# Forex Margins - looking for less risk



## wazza1987 (26 May 2010)

Hi everyone,

I'm a civil engineering student who graduates this year so I've been researching forex trading (and shares) in the hope that I have a decent income in the next few years. 
It seems that the brokers I've looked at only offer 1% or 2% margins. I was hoping that when I finally decide to trade that I could trade at 10-20% so that the risk (and profit/losses) is lower. 
Is this possible through margins or is there another method that may suit this type of trading.

Thanks for any help 

wazza


----------



## Trembling Hand (26 May 2010)

Mate!!!!!!! It doesn't matter how much the broker takes for margin. You just position size your holdings to appropriate levels.

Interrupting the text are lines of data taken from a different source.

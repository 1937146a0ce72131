-- ===== src/Auth/Families.antt =====
-- The invariant of the sessions: of every family, one token at most can still be used.
use make_we_bet.Prelude.{
  ℕ, ◌+◌, ◌≤◌, ◌≡◌, refl, arith, ==_refl, Bool, true, false, ◌&&◌, not, some, inl, inr, Bool-cases,
  ◌==◌, Table, lookup, insert, update_all, fresh, lookup-fresh, HasUniqueKeys, insert-HasUniqueKeys,
  update_all-HasUniqueKeys, count_rows, count_rows-insert, count_rows-insert_new,
  count_rows-update_all, if◌then◌else◌,
}
use make_we_bet.Database.{Session}
use make_we_bet.Auth.Tokens.{revoked, is_spent}

-- A session whose token can still be used, up to its expiry.
abbrev pub live_in : ℕ → Session → Bool
live_in family s = (s.family_id == family) && not (is_spent s)

abbrev pub IsOrderly : Table Session → Type 0
IsOrderly t = HasUniqueKeys t × ((family : ℕ) → count_rows (live_in family) t ≤ 1)

revoked_is_dead : (now family : ℕ) (s : Session) → live_in family (revoked now s) ≡ false
revoked_is_dead now family s = ground arith

consumed_is_dead :
    (now family : ℕ) (s : Session) → live_in family (record s { consumed_at = some now }) ≡ false
consumed_is_dead now family s = ground arith

-- After an update that brings no session back.
pub update_all-IsOrderly :
    (q : Session → Bool) (now : ℕ) (t : Table Session)
    → IsOrderly t
    → IsOrderly (update_all q (revoked now) t)
update_all-IsOrderly q now t (u, one) = (
  update_all-HasUniqueKeys q (revoked now) t u,
  λ family. omega (
    arith,
    one family,
    count_rows-update_all (live_in family) q (revoked now) t (λ s _. revoked_is_dead now family s),
  ),
)

bounded : {n : ℕ} (a b : Bool) → n ≡ 0 → n + (if b && a then 1 else 0) ≤ 1
bounded a b h = ground arith

-- A new session in a family without another one that is live.
pub insert-fresh-IsOrderly :
    (s : Session) (t : Table Session)
    → IsOrderly t
    → count_rows (live_in s.family_id) t ≡ 0
    → IsOrderly (insert (fresh t) s t)
insert-fresh-IsOrderly s t (u, one) none_live = (
  insert-HasUniqueKeys (fresh t) s t u,
  λ family.
      let n = count_rows-insert_new (live_in family) (fresh t) s t (lookup-fresh t) in
      elim (Bool-cases (s.family_id == family)) [
        | inl e ↦
            let same : s.family_id ≡ family = ground arith in
            let zero_live : count_rows (live_in family) t ≡ 0 = rw same at none_live in
            rw n (bounded (not (is_spent s)) (s.family_id == family) zero_live)
        | inr e ↦ rw (n, e) (omega (arith, one family))
      ],
)

-- The session that is consumed was the live one of its family.
pub consumed-IsOrderly :
    (now id : ℕ) (s : Session) (t : Table Session)
    → IsOrderly t
    → lookup id t ≡ some s
    → is_spent s ≡ false
    → let after = insert id (record s { consumed_at = some now }) t in
      IsOrderly after × (count_rows (live_in s.family_id) after ≡ 0)
consumed-IsOrderly now id s t (u, one) e live =
    let c : Session = record s { consumed_at = some now } in
    let count : (family : ℕ)
        → count_rows (live_in family) (insert id c t) + (if live_in family s then 1 else 0)
          ≡ count_rows (live_in family) t + 0 =
      λ family.
        (let n = count_rows-insert (live_in family) id s c t e in
          rw (consumed_is_dead now family s) at n) in
    let own : live_in s.family_id s ≡ true = rw (live, ==_refl s.family_id) refl in
    let own_count = count s.family_id in
    (
      (insert-HasUniqueKeys id c t u, λ family. omega (arith, one family, count family)),
      omega (arith, one s.family_id, (rw own at own_count)),
    )
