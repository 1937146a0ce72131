-- ===== src/Ledger/Lines.antt =====
-- What the loop over the lines of an entry does to the accounts.
use make_we_bet.Prelude.{
  ℕ, ◌≡◌, refl, sym, ap, ◌∙◌, inl, inr, Bool, true, Option, none, some, List, [], ◌∷◌, arith, ◌==◌,
  if◌then◌else◌, Bool-cases, ℤ, pos, ◌+ℤ◌, ◌≤ℤ◌, +ℤ_zero, +ℤ_shift, +ℤ_chain, Table, lookup, insert,
  lookup-insert, total, total-insert, ltb_ℤ, ◌&&◌, not,
}
use mathlib.Core.Path.{subst}
use make_we_bet.Errors.{
  ok, err, Result, record_not_found, insufficient_funds_on, >>=-eq-ok, ensure-eq-ok, or_throw-eq-ok,
  or_throw, ensure,
}
use make_we_bet.Ledger.{
  Account, AccountType, JournalLine, is_non_negative_type, increment, sum_amounts, apply_line,
  apply_lines,
}

-- A line that was applied found its account, wrote the sum, and left no guarded account negative.
pub record Applied (l : JournalLine) (t t' : Table Account) : Type 0 where
  pub old : Account
  pub found : lookup l.account_id t ≡ some old
  pub written : t' ≡ insert l.account_id (increment old l.amount_minor) t
  pub guarded : is_non_negative_type old.type ≡ true → pos 0 ≤ℤ old.balance_minor +ℤ l.amount_minor

passes→nonneg : (b : Bool) (x : ℤ) → not (b && ltb_ℤ x (pos 0)) ≡ true → b ≡ true → pos 0 ≤ℤ x
passes→nonneg b x h e = ground arith

pub apply_line-Applied :
    (l : JournalLine) (t : Table Account) {t' : Table Account}
    → apply_line l t ≡ ok t'
    → Applied l t t'
unfolding apply_line
apply_line-Applied l t h =
    let (a, found, h₁) = >>=-eq-ok (or_throw (lookup l.account_id t) record_not_found) _ h in
    let (_, checked, h₂) =
      >>=-eq-ok
        (ensure
          (not (is_non_negative_type a.type && ltb_ℤ (a.balance_minor +ℤ l.amount_minor) (pos 0)))
          (insufficient_funds_on l.account_id))
        _ h₁ in
    record {
      old = a;
      found = or_throw-eq-ok (lookup l.account_id t) record_not_found found;
      written = cc h₂;
      guarded = passes→nonneg _ _ (ensure-eq-ok _ _ checked);
    }

-- The balance of an account, 0 where there is none.
abbrev pub balance_in : Option Account → ℤ
balance_in none = pos 0
balance_in (some a) = a.balance_minor

abbrev pub balance : ℕ → Table Account → ℤ
balance k t = balance_in (lookup k t)

-- The sum of the lines that name an account.
abbrev pub moved : ℕ → List JournalLine → ℤ
moved k [] = pos 0
moved k (l ∷ ls) = (if l.account_id == k then l.amount_minor else pos 0) +ℤ moved k ls

abbrev pub balance_minor_of : Account → ℤ
balance_minor_of a = a.balance_minor

-- What an account is, apart from its balance.
abbrev pub owner_of : Account → AccountType × Option ℕ × Option ℕ × ℕ
owner_of a = (a.type, a.user_id, a.contest_id, a.currency)

abbrev pub owner_in : Option Account → Option (AccountType × Option ℕ × Option ℕ × ℕ)
owner_in none = none
owner_in (some a) = some (owner_of a)

abbrev pub NonNegative : Table Account → Type 0
NonNegative t =
    (k : ℕ) (a : Account)
    → lookup k t ≡ some a
    → is_non_negative_type a.type ≡ true
    → pos 0 ≤ℤ a.balance_minor

-- The value of a result that is known to have returned.
abbrev result_or {ℓ} : {A : Type ℓ} → A → Result A → A
result_or a (ok b) = b
result_or a (err e) = a

balance-apply_line :
    (l : JournalLine) (t : Table Account) {t' : Table Account} (k : ℕ)
    → Applied l t t'
    → balance k t' ≡ balance k t +ℤ (if l.account_id == k then l.amount_minor else pos 0)
balance-apply_line l t k p =
    rw (p.written, lookup-insert l.account_id k (increment p.old l.amount_minor) t)
      (elim (Bool-cases (l.account_id == k)) [
        | inl same ↦ let e : l.account_id ≡ k = ground arith in rw same (rw (← e) (rw p.found refl))
        | inr other ↦ rw other (sym (+ℤ_zero _))
      ])

owner-apply_line :
    (l : JournalLine) (t : Table Account) {t' : Table Account} (k : ℕ)
    → Applied l t t'
    → owner_in (lookup k t') ≡ owner_in (lookup k t)
owner-apply_line l t k p =
    rw (p.written, lookup-insert l.account_id k (increment p.old l.amount_minor) t)
      (elim (Bool-cases (l.account_id == k)) [
        | inl same ↦ let e : l.account_id ≡ k = ground arith in rw same (rw (← e) (rw p.found refl))
        | inr other ↦ rw other refl
      ])

total-apply_line :
    (l : JournalLine) (t : Table Account) {t' : Table Account}
    → Applied l t t'
    → total balance_minor_of t' ≡ total balance_minor_of t +ℤ l.amount_minor
total-apply_line l t p = rw p.written (
    +ℤ_shift _ p.old.balance_minor _ l.amount_minor
      (total-insert balance_minor_of l.account_id p.old (increment p.old l.amount_minor) t p.found))

NonNegative-apply_line :
    (l : JournalLine) (t : Table Account) {t' : Table Account}
    → Applied l t t'
    → NonNegative t
    → NonNegative t'
NonNegative-apply_line l t {t'} p h k a found kept =
    let e : lookup k t'
        ≡ (if l.account_id == k then some (increment p.old l.amount_minor) else lookup k t) =
      rw p.written (lookup-insert l.account_id k (increment p.old l.amount_minor) t) in
    elim (Bool-cases (l.account_id == k)) [
      | inl same ↦ ground (arith, p.guarded)
      | inr other ↦ h k a (ground arith) kept
    ]

-- The same for the whole loop.
pub balance-apply_lines :
    (ls : List JournalLine) (t : Table Account) {t' : Table Account} (k : ℕ)
    → apply_lines ls t ≡ ok t'
    → balance k t' ≡ balance k t +ℤ moved k ls
unfolding apply_lines
balance-apply_lines [] t k h =
    ap (λ r. balance k (result_or t r)) (sym h) ∙ sym (+ℤ_zero (balance k t))
balance-apply_lines (l ∷ ls) t k h =
    let (u, first, rest) = >>=-eq-ok (apply_line l t) _ h in
    +ℤ_chain _ _ _ _ _ (balance-apply_lines ls u k rest)
      (balance-apply_line l t k (apply_line-Applied l t first))

pub owner-apply_lines :
    (ls : List JournalLine) (t : Table Account) {t' : Table Account} (k : ℕ)
    → apply_lines ls t ≡ ok t'
    → owner_in (lookup k t') ≡ owner_in (lookup k t)
unfolding apply_lines
owner-apply_lines [] t k h = ap (λ r. owner_in (lookup k (result_or t r))) (sym h)
owner-apply_lines (l ∷ ls) t k h =
    let (u, first, rest) = >>=-eq-ok (apply_line l t) _ h in
    owner-apply_lines ls u k rest ∙ owner-apply_line l t k (apply_line-Applied l t first)

pub total-apply_lines :
    (ls : List JournalLine) (t : Table Account) {t' : Table Account}
    → apply_lines ls t ≡ ok t'
    → total balance_minor_of t' ≡ total balance_minor_of t +ℤ sum_amounts ls
unfolding apply_lines
total-apply_lines [] t h =
    ap (λ r. total balance_minor_of (result_or t r)) (sym h)
    ∙ sym (+ℤ_zero (total balance_minor_of t))
total-apply_lines (l ∷ ls) t h =
    let (u, first, rest) = >>=-eq-ok (apply_line l t) _ h in
    +ℤ_chain _ _ _ _ _ (total-apply_lines ls u rest)
      (total-apply_line l t (apply_line-Applied l t first))

pub NonNegative-apply_lines :
    (ls : List JournalLine) (t : Table Account) {t' : Table Account}
    → apply_lines ls t ≡ ok t'
    → NonNegative t
    → NonNegative t'
unfolding apply_lines
NonNegative-apply_lines [] t h n = subst (λ r. NonNegative (result_or t r)) h n
NonNegative-apply_lines (l ∷ ls) t h n =
    let (u, first, rest) = >>=-eq-ok (apply_line l t) _ h in
    NonNegative-apply_lines ls u rest (NonNegative-apply_line l t (apply_line-Applied l t first) n)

Look up position sizing and if you're half smart you soon see margin has nothing to do with risk unless you're a cowboy.


----------



## wazza1987 (26 May 2010)

thanks for the response.

so say if I had $10,000 capital, I might only buy a few hundred dollars worth of foreign currency at 1% to keep my leverage low? 
Are trades of this value common?


cheers


----------



## wazza1987 (26 May 2010)

Ok,

I actually found some useful links which make my last statement look silly.

thanks for the help


----------



## cogs (26 May 2010)

Try this post

https://www.aussiestockforums.com/forums/showthread.php?t=19564


----------



## tayser (26 May 2010)

wazza1987 said:


> thanks for the response.
> 
> so say if I had $10,000 capital, I might only buy a few hundred dollars worth of foreign currency at 1% to keep my leverage low?
> Are trades of this value common?
> ...




$10,000 in a currenex account, trade on no margin, it'll give you $1 pips.  *Shrug*


----------



## oktar (29 June 2010)

There is an opinion that using leverage is bad thing, eg babpips are teaching newcomers that leverage is evil. However I'm saying that it is your friend. If leverage wouldn't exist (1:1 leverage) then most of retail traders wouldn't get good profits (even when making a 100 pips / d). So use leverage as big as you can, or just 1:100. It doesn't matter. Just fit your Money Management accordingly and thats it.